* _Exercise brief_: Your task is to find every line in the records that holds the string "LiveActivityJobStatus" and copy it.
### Records for this task
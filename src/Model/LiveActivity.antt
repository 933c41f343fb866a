-- ===== src/Model/LiveActivity.antt =====
-- internal/model/live_activity.go: token types, actions and job statuses, and their parsers. The
-- statuses of a dispatch are the texts that internal/storage writes into its column.
pub mod Options
use pushboy.Prelude.{
  String, ◌≡◌, refl, arith, ◌==◌, eq_iff, if◌then◌else◌, Result, ok, err, message,
}

pub data LiveActivityTokenType : Type 0 where
  start update : LiveActivityTokenType

-- The constructor `finish` is the action "end".
pub data LiveActivityAction : Type 0 where
  start update finish : LiveActivityAction

pub data LiveActivityJobStatus : Type 0 where
  active closed failed : LiveActivityJobStatus

pub data LiveActivityDispatchStatus : Type 0 where
  enqueue_pending queued in_progress dispatched completed failed superseded :
      LiveActivityDispatchStatus

unfoldable pub token_type_text : LiveActivityTokenType → String
token_type_text LiveActivityTokenType.start = "start"
token_type_text LiveActivityTokenType.update = "update"

unfoldable pub action_text : LiveActivityAction → String
action_text LiveActivityAction.start = "start"
action_text LiveActivityAction.update = "update"
action_text LiveActivityAction.finish = "end"

unfoldable pub parse_live_activity_token_type : String → Result LiveActivityTokenType
parse_live_activity_token_type s =
    if s == "start"
    then ok LiveActivityTokenType.start
    else if s == "update"
    then ok LiveActivityTokenType.update
    else err (message "invalid live activity token type")

unfoldable pub parse_live_activity_action : String → Result LiveActivityAction
parse_live_activity_action s =
    if s == "start"
    then ok LiveActivityAction.start
    else if s == "update"
    then ok LiveActivityAction.update
    else if s == "end"
    then ok LiveActivityAction.finish
    else err (message "invalid live activity action")

-- Every action is accepted under its own text, and nothing else is accepted.
pub parse_live_activity_action_iff :
    (s : String) (a : LiveActivityAction)
    → (parse_live_activity_action s ≡ ok a → s ≡ action_text a)
      × (s ≡ action_text a → parse_live_activity_action s ≡ ok a)
unfolding parse_live_activity_action action_text
parse_live_activity_action_iff s a =
    (λ h. ground (arith, eq_iff s "start", eq_iff s "update", eq_iff s "end"), λ e. rw e (back a))
  where
    back : (t : LiveActivityAction) → parse_live_activity_action (action_text t) ≡ ok t
    back LiveActivityAction.start = refl
    back LiveActivityAction.update = refl
    back LiveActivityAction.finish = refl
######
* _Written solution_:
pub data LiveActivityJobStatus : Type 0 where
  active closed failed : LiveActivityJobStatus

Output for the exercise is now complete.